= TASK INPUT =
-- ===== src/Expose/Run/Connects.antt =====
-- expose/mod.rs, expose/client.rs and server/handler.rs together: the client that `loophole expose`
-- starts, and the server's answer to it.
use mathlib.Core.List.{Memᴰ}
use loophole.Base.{
  ℕ, ◌≡◌, ◌<◌, refl, ◌∙◌, ap, true, none, some, Option, List, [], ◌∷◌, ◌++◌, ok, is_some,
}
use loophole.Text.{Text, codes}
use loophole.Text.Numbers.{to_string}
use loophole.Console.{Console, or_error, bind-eq}
use loophole.Proto.{ServerMessage, Codec, IsCodec}
use loophole.Server.Registry.Validation.{IsLabel, validate_subdomain_iff}
use loophole.Server.Config.Defs.{validate_token}
use loophole.Server.Acme.Client.{Order}
use loophole.Server.Tls.Defs.{Pem}
use loophole.Server.Router.Defs.{ServerState}
use loophole.Server.Handler.Defs.{tunnel_url, negotiate}
use loophole.Expose.Client.Defs.{TunnelClient, new, connect}
use loophole.Expose.Client.Handshake.{sent_as, first_of, handshake-succeeds}
use loophole.Expose.Reconnect as Reconnect
use loophole.Expose.Run.Defs.{Round, run, adjectives, nouns, generate_subdomain}
use loophole.Expose.Run.Names.{validate_subdomain-generate_subdomain}
use loophole.Expose.Run.Command.{Draw, expose, parsed_address, chosen_subdomain}
use loophole.Cli.Credentials.{ClientConfig, File, credentials}

module _ (client_toml : Text → Option ClientConfig) (file : File)
    (parse_address : Text → Option Text) (draw : Draw) (given_server given_token : Option Text)
    (host : Text) (port max_retries : ℕ) (rounds : List Round) (codec : Codec) (pem : Pem)
    (state : ServerState) (order : Order) where
  -- `loophole expose` without a subdomain, with a token that the server knows among its options or in
  -- the saved credentials and a local address that can be parsed, starts a client for that server
  -- with a made-up name, and whenever this client connects, the server's first message gives it that
  -- name and its URL.
  pub expose-connects :
      (server token addr : Text) (c : Console)
      → IsCodec codec
      → credentials client_toml file given_server given_token ≡ ok (server, token)
      → parse_address (host ++ (codes ":" ++ to_string port)) ≡ some addr
      → Memᴰ draw.adj adjectives
      → Memᴰ draw.noun nouns
      → draw.num < 1000
      → is_some (validate_token state.config token) ≡ true
      → (client : TunnelClient) × ((expose client_toml file parse_address draw given_server
            given_token none host port max_retries rounds c).1
          ≡ ok (client, run max_retries Reconnect.new rounds))
        × (client.server ≡ server)
        × (hello : ServerMessage) × (rest : List ServerMessage) × ((negotiate codec pem state
              (first_of codec client)
              true
              order).sent
            ≡ hello ∷ rest)
        × (connect codec client true true (sent_as codec hello)
            ≡ ok (client.subdomain, tunnel_url state.config client.subdomain))
  unfolding expose chosen_subdomain new
  expose-connects server token addr c h given parsed adj noun num known =
      let name = generate_subdomain draw.adj draw.noun draw.num in
      let client = new server token name in
      let label : IsLabel name =
        (validate_subdomain_iff name).0
          (validate_subdomain-generate_subdomain draw.adj draw.noun draw.num adj noun num) in
      let (hello, rest, sent, answer) =
        handshake-succeeds codec pem state order client h known label in
      let found : or_error (credentials client_toml file given_server given_token) c
          ≡ (c, ok (server, token)) =
        ap (λ r. or_error r c) given in
      let addressed : or_error
            (parsed_address (parse_address (host ++ (codes ":" ++ to_string port)))) c
          ≡ (c, ok addr) =
        ap (λ o. or_error (parsed_address o) c) parsed in
      let started : expose client_toml file parse_address draw given_server given_token none host
            port max_retries rounds c
          ≡ (
            record c { printed = c.printed ++ ((codes "→ Forwarding to " ++ addr) ∷ []) },
            ok (client, run max_retries Reconnect.new rounds),
          ) =
        bind-eq _ _ found ∙ bind-eq _ _ addressed ∙ bind-eq _ _ refl in
      (client, ap (λ s. s.1) started, refl, hello, rest, sent, answer)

= ASSIGNMENT =
Look back at the data above. Transcribe exactly the lines starting at the line that contains "(host : Text)" and ending at the line that contains "(validate_subdomain_iff name).0".

= EXERCISE OUTPUT =
    (host : Text) (port max_retries : ℕ) (rounds : List Round) (codec : Codec) (pem : Pem)
    (state : ServerState) (order : Order) where
  -- `loophole expose` without a subdomain, with a token that the server knows among its options or in
  -- the saved credentials and a local address that can be parsed, starts a client for that server
  -- with a made-up name, and whenever this client connects, the server's first message gives it that
  -- name and its URL.
  pub expose-connects :
      (server token addr : Text) (c : Console)
      → IsCodec codec
      → credentials client_toml file given_server given_token ≡ ok (server, token)
      → parse_address (host ++ (codes ":" ++ to_string port)) ≡ some addr
      → Memᴰ draw.adj adjectives
      → Memᴰ draw.noun nouns
      → draw.num < 1000
      → is_some (validate_token state.config token) ≡ true
      → (client : TunnelClient) × ((expose client_toml file parse_address draw given_server
            given_token none host port max_retries rounds c).1
          ≡ ok (client, run max_retries Reconnect.new rounds))
        × (client.server ≡ server)
        × (hello : ServerMessage) × (rest : List ServerMessage) × ((negotiate codec pem state
              (first_of codec client)
              true
              order).sent
            ≡ hello ∷ rest)
        × (connect codec client true true (sent_as codec hello)
            ≡ ok (client.subdomain, tunnel_url state.config client.subdomain))
  unfolding expose chosen_subdomain new
  expose-connects server token addr c h given parsed adj noun num known =
      let name = generate_subdomain draw.adj draw.noun draw.num in
      let client = new server token name in
      let label : IsLabel name =
        (validate_subdomain_iff name).0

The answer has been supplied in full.